Records drawn from a dataset:

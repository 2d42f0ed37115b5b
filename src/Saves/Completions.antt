-- ===== src/Saves/Completions.antt =====
-- packages/db/src/repositories/transition-validation.ts: the validation of a completed operation.
use interview_agent.Common.{
  ℕ, Bool, true, false, not, ◌||◌, ◌==◌, if◌then◌else◌, Option, none, some, is_some, [], ◌∷◌, ◌++◌,
  Text, before, clone_date, ◌>>=◌, ◌>>◌,
}
use interview_agent.Interview.{awaiting_response, awaiting_continue, QuestionEvaluation}
use interview_agent.Engine.{
  Interview, PendingInterviewOperation, answer_analysis, question_clarification, EventBase,
  RecordSystemFollowUpCommand, SystemFollowUp, QuestionClarification,
}
use interview_agent.Saves.{
  clarification_mismatch, follow_up_mismatch, clear_mismatch, evaluation_mismatch,
  operation_mismatch, AnswerEvent,
}
use interview_agent.Saves.Validate.{
  SaveChecked, reject_if, assert_aggregate_equals, get_question, replace_question, require_pending,
  is_of_operation, assert_answer_event, answer_material_from,
}

-- The clarification that the two events add.
abbrev pub clarification_from : EventBase → EventBase → Text → Text → QuestionClarification
clarification_from request recorded message text = record {
  message_id = message;
  text = text;
  requested_at = clone_date request.occurred_at;
  recorded_at = clone_date recorded.occurred_at;
}

unfoldable pub validate_clarification_completion :
    Interview → Interview → EventBase → ℕ → EventBase → Text → ℕ → Text → SaveChecked
unfolding replace_question
validate_clarification_completion previous current request position recorded message
      recorded_position text =
    do
      pending ← require_pending previous question_clarification
      reject_if previous
          (not (is_of_operation pending request) || not (is_of_operation pending recorded))
          operation_mismatch
      reject_if previous
          (not (position == pending.question_position)
            || not (recorded_position == pending.question_position)
            || before pending.accepted_at request.occurred_at
            || before recorded.occurred_at request.occurred_at)
          clarification_mismatch
      question ← get_question previous pending.question_position
      let expected = record question {
        question_clarifications =
            question.question_clarifications
            ++ clarification_from request recorded message text ∷ [];
      }
      assert_aggregate_equals current (record (replace_question previous expected) {
        phase = some awaiting_response;
        pending_operation = none;
      })

-- The operation of a clear event, if there is one, is the pending one.
abbrev pub is_clear_of : PendingInterviewOperation → Option (EventBase × ℕ) → Bool
is_clear_of pending none = true
is_clear_of pending (some (base, position)) = is_of_operation pending base

-- The clear event, if there is one, is about the pending question.
abbrev pub is_clear_at : ℕ → Option (EventBase × ℕ) → Bool
is_clear_at expected none = true
is_clear_at expected (some (base, position)) = position == expected

abbrev pub has_clear : Option (EventBase × ℕ) → Bool
has_clear none = false
has_clear (some _) = true

-- The follow-up that a `system_follow_up_recorded` event adds.
abbrev pub follow_up_from : EventBase → RecordSystemFollowUpCommand → SystemFollowUp
follow_up_from base command = record {
  message_id = command.message_id;
  goal_id = command.goal_id;
  kind = command.kind;
  purpose = command.purpose;
  response_classification = command.response_classification;
  text = command.text;
  recorded_at = clone_date base.occurred_at;
}

unfoldable pub validate_follow_up_completion :
    Interview
    → Interview
    → AnswerEvent
    → Option (EventBase × ℕ)
    → EventBase
    → ℕ
    → RecordSystemFollowUpCommand
    → SaveChecked
unfolding replace_question
validate_follow_up_completion previous current answer clear base position command = do
  pending ← require_pending previous answer_analysis
  reject_if previous
      (not (is_of_operation pending answer.base)
        || not (is_clear_of pending clear)
        || not (is_of_operation pending base))
      operation_mismatch
  assert_answer_event previous pending answer
  reject_if previous
      (not (position == pending.question_position) || before base.occurred_at pending.accepted_at)
      follow_up_mismatch
  question ← get_question previous pending.question_position
  let had_outcome = is_some question.evaluation || is_some question.outcome
  reject_if previous
      ((if had_outcome then not (has_clear clear) else has_clear clear)
        || not (is_clear_at pending.question_position clear))
      clear_mismatch
  let expected = record question {
    answer_material = question.answer_material ++ answer_material_from answer ∷ [];
    system_follow_ups = question.system_follow_ups ++ follow_up_from base command ∷ [];
    evaluation = none;
    outcome = none;
  }
  assert_aggregate_equals current (record (replace_question previous expected) {
    phase = some awaiting_response;
    pending_operation = none;
  })

unfoldable pub validate_evaluation_completion :
    Interview → Interview → AnswerEvent → EventBase → ℕ → QuestionEvaluation → SaveChecked
unfolding replace_question
validate_evaluation_completion previous current answer base position evaluation = do
  pending ← require_pending previous answer_analysis
  reject_if previous
      (not (is_of_operation pending answer.base) || not (is_of_operation pending base))
      operation_mismatch
  assert_answer_event previous pending answer
  reject_if previous
      (not (position == pending.question_position) || before base.occurred_at pending.accepted_at)
      evaluation_mismatch
  question ← get_question previous pending.question_position
  let expected = record question {
    answer_material = question.answer_material ++ answer_material_from answer ∷ [];
    evaluation = some evaluation;
    outcome = some evaluation.outcome;
  }
  assert_aggregate_equals current (record (replace_question previous expected) {
    phase = some awaiting_continue;
    pending_operation = none;
  })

§ **Work to complete**: Collect every line from the records above that contains the word "phase".

§ **Output for this exercise**:
        phase = some awaiting_response;
    phase = some awaiting_response;
    phase = some awaiting_continue;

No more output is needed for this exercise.